# ?



## kINGKONG (28 Dec 2006)

deleted


----------



## markowitzman (28 Dec 2006)

*Re: 100K to put away*



> Im looking to help my dad.


 I think best bet is independent financial advisor first off.


> I like the idea of A tracker fund linked to the stock market with captial security.


 Be aware returns are often poor and in effect you pay for capital guarentee. I think an advisor needs to look at your father's whole picture financially.


----------



## RainyDay (28 Dec 2006)

*Re: 100K to put away*



kINGKONG said:


> Hey,
> 
> Im looking to help my dad.
> 
> ...


Most tracker funds would involve locking the money away for 3+ years. I have reservations about the complex charging structures and lack of transparency with many of these funds.

What is your dad's overall financial position - other assets (residence, other), income? If he is comfortable overall, you might want to try and convince him of the benefits of not wanting to completely avoid any risk. He is probably going to be investing some of his funds for 10-20 years, which is more than enough to last out any temporary dips in the market.


----------



## kINGKONG (28 Dec 2006)

*Re: 100K to put away*

Does anyone have an advice with getting in touch with an independent financial advisor


----------



## Murt10 (28 Dec 2006)

*Re: 100K to put away*



kINGKONG said:


> He not into da online scene meaning Rabo and northern rock arent suited for him.





I had an account with Northern Rock.
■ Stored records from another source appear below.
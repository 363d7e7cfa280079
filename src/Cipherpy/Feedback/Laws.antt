-- ===== src/Cipherpy/Feedback/Laws.antt =====
-- CFB mode decrypts what it encrypts, and the counter of CTR mode goes round.
use python_proxy.Base.{
  ℕ, zero, suc, ◌+◌, ◌-◌, ◌*◌, ◌%◌, ◌^◌, ◌<◌, ◌≡◌, refl, sym, ap, ap₂, ◌∙◌, Bool, true, false, some,
  [], ◌∷◌, bit_xor, bit_xor_cancel, leb, if◌then◌else◌, Bytes, arith,
}
use python_proxy.Cipherpy.Feedback.{send, Cfb, cfb_process, ctr_refill}
use native.Mathlib.Nat.{one-le-pow, mod-lt, mod_self, mod-eq_of_lt, mod-add-mod}

module _ (encrypt : Bytes → Bytes) (segment_byte : ℕ) where
  -- Whatever the block primitive and the size of a segment, decrypting what was encrypted from one
  -- and the same state gives the bytes back, and leaves both ends in one state: the feedback of
  -- both is the encrypted text.
  pub cfb_process_twice :
      (bytes : Bytes) (s : Cfb encrypt segment_byte)
      → cfb_process encrypt segment_byte true (cfb_process encrypt segment_byte false bytes s).0 s
        ≡ (bytes, (cfb_process encrypt segment_byte false bytes s).1)
  unfolding cfb_process
  cfb_process_twice [] s = refl
  cfb_process_twice (i ∷ bytes) s =
      let k = send encrypt segment_byte s.last s.stream in
      ap₂ (λ (x : ℕ) (p : Bytes × Cfb encrypt segment_byte). (x ∷ p.0, p.1)) (bit_xor_cancel i k.0)
        (cfb_process_twice bytes (record { stream = k.1; last = some (bit_xor i k.0) }))

module _ (encrypt : ℕ → Bytes) (iv_length : ℕ) where
  -- The counter that block `n` is made from.
  pub counter_at : ℕ → ℕ → ℕ
  counter_at zero c = c
  counter_at (suc n) c = (ctr_refill encrypt iv_length (counter_at n c)).1

  next_counter_mod : (c m : ℕ) → c < m → (if leb (m - 1) c then 0 else c + 1) ≡ (c + 1) % m
  next_counter_mod c m h = go (leb (m - 1) c) refl
    where
      go : (b : Bool) → leb (m - 1) c ≡ b → (if b then 0 else c + 1) ≡ (c + 1) % m
      go true e =
          let full : c + 1 ≡ m = ground (arith, e, h) in
          sym (ap (λ (x : ℕ). x % m) full ∙ mod_self m)
      go false e = sym (mod-eq_of_lt (ground (arith, e, h)))

  -- From a counter that fits, block `n` is made from the counter plus `n`, modulo the number of
  -- counters: the addition carries through the whole block and wraps.
  pub counter_at_lem :
      (n c : ℕ) → c < 2 ^ (iv_length * 8) → counter_at n c ≡ (c + n) % 2 ^ (iv_length * 8)
  unfolding counter_at ctr_refill
  counter_at_lem zero c h =
      sym (ap (λ (x : ℕ). x % 2 ^ (iv_length * 8)) (omega arith) ∙ mod-eq_of_lt h)
  counter_at_lem (suc n) c h =
      let m : ℕ = 2 ^ (iv_length * 8) in
      let pos : 0 < m = one-le-pow (iv_length * 8) 2 (omega arith) in
      let e : counter_at n c ≡ (c + n) % m = counter_at_lem n c h in
      next_counter_mod (counter_at n c) m (omega (arith, e, mod-lt (c + n) pos))
      ∙ ap (λ (x : ℕ). (x + 1) % m) e
      ∙ mod-add-mod (c + n) m 1
      ∙ ap (λ (x : ℕ). x % m) (omega arith)
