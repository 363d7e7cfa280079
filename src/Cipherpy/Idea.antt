-- ===== src/Cipherpy/Idea.antt =====
-- `IDEA`: the key schedule and the encryption of a block. Some sums are not cut to 16 bits where the
-- source does not cut them.
pub mod Product
use python_proxy.Base.{
  ℕ, zero, suc, ◌+◌, ◌-◌, ◌*◌, ◌/◌, ◌%◌, ◌^◌, List, [], ◌∷◌, ◌++◌, bit_and, bit_or, bit_xor, ltb,
  ◌==◌, if◌then◌else◌, length, take, drop, get_or, Bytes, big, from_big, map,
}

-- `M`. `1-b` and `1-a` are cut to 16 bits.
unfoldable pub idea_product : ℕ → ℕ → ℕ
idea_product a b =
    if a == 0
    then (65537 - b) % 65536
    else (a * b - a * b / 65536 + (if ltb (a * b % 65536) (a * b / 65536) then 1 else 0)) % 65536

-- `struct.unpack('>8H', key)`, and `'>4H'`.
unfoldable pub big_words : ℕ → Bytes → List ℕ
big_words zero bytes = []
big_words (suc n) bytes = from_big (take 2 bytes) ∷ big_words n (drop 2 bytes)

-- The `for` of `__init__`, from `i` on.
abbrev pub next_subkey : ℕ → List ℕ → ℕ
next_subkey i e =
    bit_or (get_or e (bit_or (bit_and (i - 8) 0xf8) (bit_and (i + 1) 0x7)) 0 % 128 * 512)
      (get_or e (bit_or (bit_and (i - 8) 0xf8) (bit_and (i + 2) 0x7)) 0 / 128)

unfoldable pub subkeys : ℕ → ℕ → List ℕ → List ℕ
subkeys zero i e = e
subkeys (suc n) i e = subkeys n (suc i) (e ++ (next_subkey i e ∷ []))

unfoldable pub idea_key : Bytes → List ℕ
unfolding big_words subkeys
idea_key key = subkeys 44 8 (big_words 8 key)

pub record Block : Type 0 where
  pub s0 : ℕ
  pub s1 : ℕ
  pub s2 : ℕ
  pub s3 : ℕ

-- A round with its six subkeys, which begin at `k`.
unfoldable pub idea_round : List ℕ → ℕ → Block → Block
unfolding idea_product
idea_round e k s =
    let t0 = idea_product s.s0 (get_or e k 0) in
    let o1 = s.s1 + get_or e (k + 1) 0 in
    let o2 = (s.s2 + get_or e (k + 2) 0) % 65536 in
    let t3 = idea_product s.s3 (get_or e (k + 3) 0) in
    let t2 = idea_product (bit_xor o2 t0) (get_or e (k + 4) 0) in
    let t1 = idea_product ((bit_xor o1 t3 + t2) % 65536) (get_or e (k + 5) 0) in
    record {
      s0 = bit_xor t0 t1;
      s1 = bit_xor t1 o2;
      s2 = bit_xor (t2 + t1) o1;
      s3 = bit_xor t3 ((t2 + t1) % 65536);
    }

unfoldable pub idea_rounds : ℕ → ℕ → List ℕ → Block → Block
unfolding idea_round
idea_rounds zero k e s = s
idea_rounds (suc n) k e s = idea_rounds n (k + 6) e (idea_round e k s)

-- The last lines of `encrypt`, with the subkeys from 48 on.
abbrev pub idea_output : List ℕ → Block → Bytes
idea_output e s =
    big 2 (idea_product s.s0 (get_or e 48 0))
    ++ (big 2 ((s.s2 + get_or e 49 0) % 65536)
        ++ (big 2 ((s.s1 + get_or e 50 0) % 65536) ++ big 2 (idea_product s.s3 (get_or e 51 0))))

unfoldable pub idea_encrypt : List ℕ → Bytes → Bytes
unfolding idea_rounds big_words idea_product
idea_encrypt e s =
    let w = big_words 4 s in
    idea_output e (
      idea_rounds 8 0 e
        (record { s0 = get_or w 0 0; s1 = get_or w 1 0; s2 = get_or w 2 0; s3 = get_or w 3 0 }))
No computers, just operate by phone and post.


Murt


----------



## Carrie2006 (29 Dec 2006)

*Re: 100K to put away*

[broken link removed]
The above link brings you to a find a local adviser page. The link is supplied by Hibernian, not sure if they are only IFAs affiliated with Hibernian or not, I am not affiliated with Hiberian in anyway! I just have my SSIA with them.
C


----------



## CCOVICH (29 Dec 2006)

*Re: 100K to put away*

This link is a (recent) list of all authorised (as close to independent as you can get) advisors.


----------



## kINGKONG (30 Dec 2006)

*Re: 100K to put away*

Cheers for the link use to work for the finacial regulator know alot abt investment intermidataries. My experience with them isnt the greatest. They do a lot of talkin thats abt it. Sound financial advice is really hard to come across.

So I ask this question 

if you had 100k to put away what wud you do?


----------



## oldtimer (30 Dec 2006)

*Re: 100K to put away*

Reading Kingkong above I was in a similar situation to the dad and my views were the same as his when I got my retirement lump sum. When you get to my age you do not want to get into anything longterm or risky, just peace of mind. I want to know where I stand re interest all the time. So I did the following. I opened regular saver accounts with the four institutions offering 6% or more both for myself and Mrs. Oldtimer. This sees €6100 invested at over 6% per month. I opened a Northern Rock demand on line account (4.15% variable) with the remainder. I drip feed  my AIB current account as required each month.That keeps me happy as I watch my money move around, while at the same time keeping up to date with interest rates. I still have a small interest in shares and watch the stockmarket daily, but now more of a hobby.


----------



## markowitzman (30 Dec 2006)

*Re: 100K to put away*

oldtimer is your principal eroding or not and if so at what rate? I would be aticking a certain amount in highyielding blue chips with yields of 4% or so. That said I do not think there is a right or wrong way to do so although I would like to think I could preserve capital.


----------



## Marie (30 Dec 2006)

*100K to put away*

Most of us don't work in the financial industry and many many people have no experience of financial investments.  if you have a bank account or want to invest in property you can sit down with someone beforehand and read a 'product pack', discuss all aspects of what you are going to do and list the costs which are all transparent.  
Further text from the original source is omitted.